*Try it*:
Return every line from the one with "none ↦ or_unknown scope.client" through the one with "unfolding within", inclusive, exactly as it appears below.
***** Records to use
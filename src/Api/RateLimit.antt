-- ===== src/Api/RateLimit.antt =====
-- backend/api/middleware/rate_limit.py: how many requests of one address pass in a minute.
pub mod Window
use Prim.Native.String.{◌++◌}
use lumina_ai.Prelude.{
  ℕ, ◌+◌, ◌/◌, String, Bool, true, false, Option, none, some, List, [], ◌∷◌, ◌==◌, leb,
  if◌then◌else◌,
}
use lumina_ai.Prelude.Int.{ℤ, pos, ltb_ℤ, leb_ℤ}
use lumina_ai.Prelude.Texts.{Text, codes, same_text, is_empty, strip, split_on, decimal}
use lumina_ai.Redis.{Counters, or_zero}

-- The lower case of an ASCII byte.
abbrev pub lower : ℕ → ℕ
lower c = if leb 65 c then (if leb c 90 then c + 32 else c) else c

abbrev pub lower_text : Text → Text
lower_text [] = []
lower_text (c ∷ t) = lower c ∷ lower_text t

abbrev pub forwarded_for : Text
forwarded_for = codes "x-forwarded-for"

abbrev pub first_part : List Text → Text
first_part [] = []
first_part (p ∷ ps) = strip p

-- The first address that a `X-Forwarded-For` header names.
unfoldable pub forwarded : List (Text × Text) → Option Text
unfolding strip split_on
forwarded [] = none
forwarded ((name, value) ∷ headers) =
    let rest = forwarded headers in
    let first = first_part (split_on 44 value) in
    if same_text (lower_text name) forwarded_for
    then (if is_empty first then rest else some first)
    else rest

abbrev pub or_unknown : Option Text → Text
or_unknown none = codes "unknown"
or_unknown (some host) = if is_empty host then codes "unknown" else host

-- What the middleware reads of a request; the host is that of `scope["client"]`, if there is one.
pub record Scope : Type 0 where
  pub is_http : Bool
  pub path : Text
  pub headers : List (Text × Text)
  pub client : Option Text

-- `_client_ip`.
unfoldable pub client_ip : Bool → Scope → Text
unfolding forwarded
client_ip true scope = elim (forwarded scope.headers) [
  | none ↦ or_unknown scope.client
  | some address ↦ address
]
client_ip false scope = or_unknown scope.client

pub record RateSettings : Type 0 where
  pub rate_limit_enabled : Bool
  pub rate_limit_trust_proxy_headers : Bool
  pub rate_limit_auth_per_minute : ℤ
  pub rate_limit_per_minute : ℤ

abbrev pub starts_with : Text → Text → Bool
starts_with [] t = true
starts_with (c ∷ p) [] = false
starts_with (c ∷ p) (d ∷ t) = if c == d then starts_with p t else false

unfoldable pub is_exempt : Text → Bool
is_exempt path =
    if same_text path (codes "/healthz") then true else same_text path (codes "/readyz")

unfoldable pub is_auth : Text → Bool
is_auth path = starts_with (codes "/api/v1/auth") path

abbrev pub key_ttl : ℕ
key_ttl = 121

-- The key of a window: its bucket, its address and its number. `of_text` is the text as a key.
unfoldable pub window_key : (Text → String) → Bool → Text → ℕ → String
unfolding decimal
window_key of_text auth ip now =
    "rl:" ++ (if auth then "auth" else "api") ++ ":" ++ of_text ip ++ ":" ++ decimal (now / 60)

pub data Decision : Type 0 where
  pass refuse : Decision

module _ (r : Counters) where
  open r use {incrby, cache.{Store, get, expire}}

  -- `_within` on a server that answers: INCR, EXPIRE with the first request, and the comparison.
  unfoldable pub within : String → ℤ → Store → Bool × Store
  within key limit s =
      let counted = incrby s key (pos 1) in
      let used = or_zero (get counted key) in
      (
        leb_ℤ used limit,
        if leb_ℤ used (pos 1)
            then (if leb_ℤ (pos 1) used then expire counted key key_ttl else counted)
            else counted,
      )

  abbrev pub decision_of : Bool × Store → Decision × Store
  decision_of (true, s) = (pass, s)
  decision_of (false, s) = (refuse, s)

  -- A server that does not answer lets the request through.
  unfoldable pub within_if_up : Bool → String → ℤ → Store → Bool × Store
  unfolding within
  within_if_up true key limit s = within key limit s
  within_if_up false key limit s = (true, s)

  -- `__call__`: what happens to a request at an instant, in seconds.
  unfoldable pub call : (Text → String) → RateSettings → Bool → ℕ → Scope → Store → Decision × Store
  unfolding client_ip is_exempt is_auth window_key within_if_up
  call of_text settings up now scope s =
      if scope.is_http
      then (if settings.rate_limit_enabled
          then (if is_exempt scope.path
              then (pass, s)
              else (let auth = is_auth scope.path in
                  let limit =
                    if auth
                    then settings.rate_limit_auth_per_minute
                    else settings.rate_limit_per_minute in
                  if leb_ℤ limit (pos 0)
                  then (pass, s)
                  else decision_of (
                      within_if_up up
                        (window_key of_text auth
                          (client_ip settings.rate_limit_trust_proxy_headers scope) now)
                        limit s)))
          else (pass, s))
      else (pass, s)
**********
*Written answer*:
  | none ↦ or_unknown scope.client
  | some address ↦ address
]
client_ip false scope = or_unknown scope.client

pub record RateSettings : Type 0 where
  pub rate_limit_enabled : Bool
  pub rate_limit_trust_proxy_headers : Bool
  pub rate_limit_auth_per_minute : ℤ
  pub rate_limit_per_minute : ℤ

abbrev pub starts_with : Text → Text → Bool
starts_with [] t = true
starts_with (c ∷ p) [] = false
starts_with (c ∷ p) (d ∷ t) = if c == d then starts_with p t else false

unfoldable pub is_exempt : Text → Bool
is_exempt path =
    if same_text path (codes "/healthz") then true else same_text path (codes "/readyz")

unfoldable pub is_auth : Text → Bool
is_auth path = starts_with (codes "/api/v1/auth") path

abbrev pub key_ttl : ℕ
key_ttl = 121

-- The key of a window: its bucket, its address and its number. `of_text` is the text as a key.
unfoldable pub window_key : (Text → String) → Bool → Text → ℕ → String
unfolding decimal
window_key of_text auth ip now =
    "rl:" ++ (if auth then "auth" else "api") ++ ":" ++ of_text ip ++ ":" ++ decimal (now / 60)

pub data Decision : Type 0 where
  pass refuse : Decision

module _ (r : Counters) where
  open r use {incrby, cache.{Store, get, expire}}

  -- `_within` on a server that answers: INCR, EXPIRE with the first request, and the comparison.
  unfoldable pub within : String → ℤ → Store → Bool × Store
  within key limit s =
      let counted = incrby s key (pos 1) in
      let used = or_zero (get counted key) in
      (
        leb_ℤ used limit,
        if leb_ℤ used (pos 1)
            then (if leb_ℤ (pos 1) used then expire counted key key_ttl else counted)
            else counted,
      )

  abbrev pub decision_of : Bool × Store → Decision × Store
  decision_of (true, s) = (pass, s)
  decision_of (false, s) = (refuse, s)

  -- A server that does not answer lets the request through.
  unfoldable pub within_if_up : Bool → String → ℤ → Store → Bool × Store
  unfolding within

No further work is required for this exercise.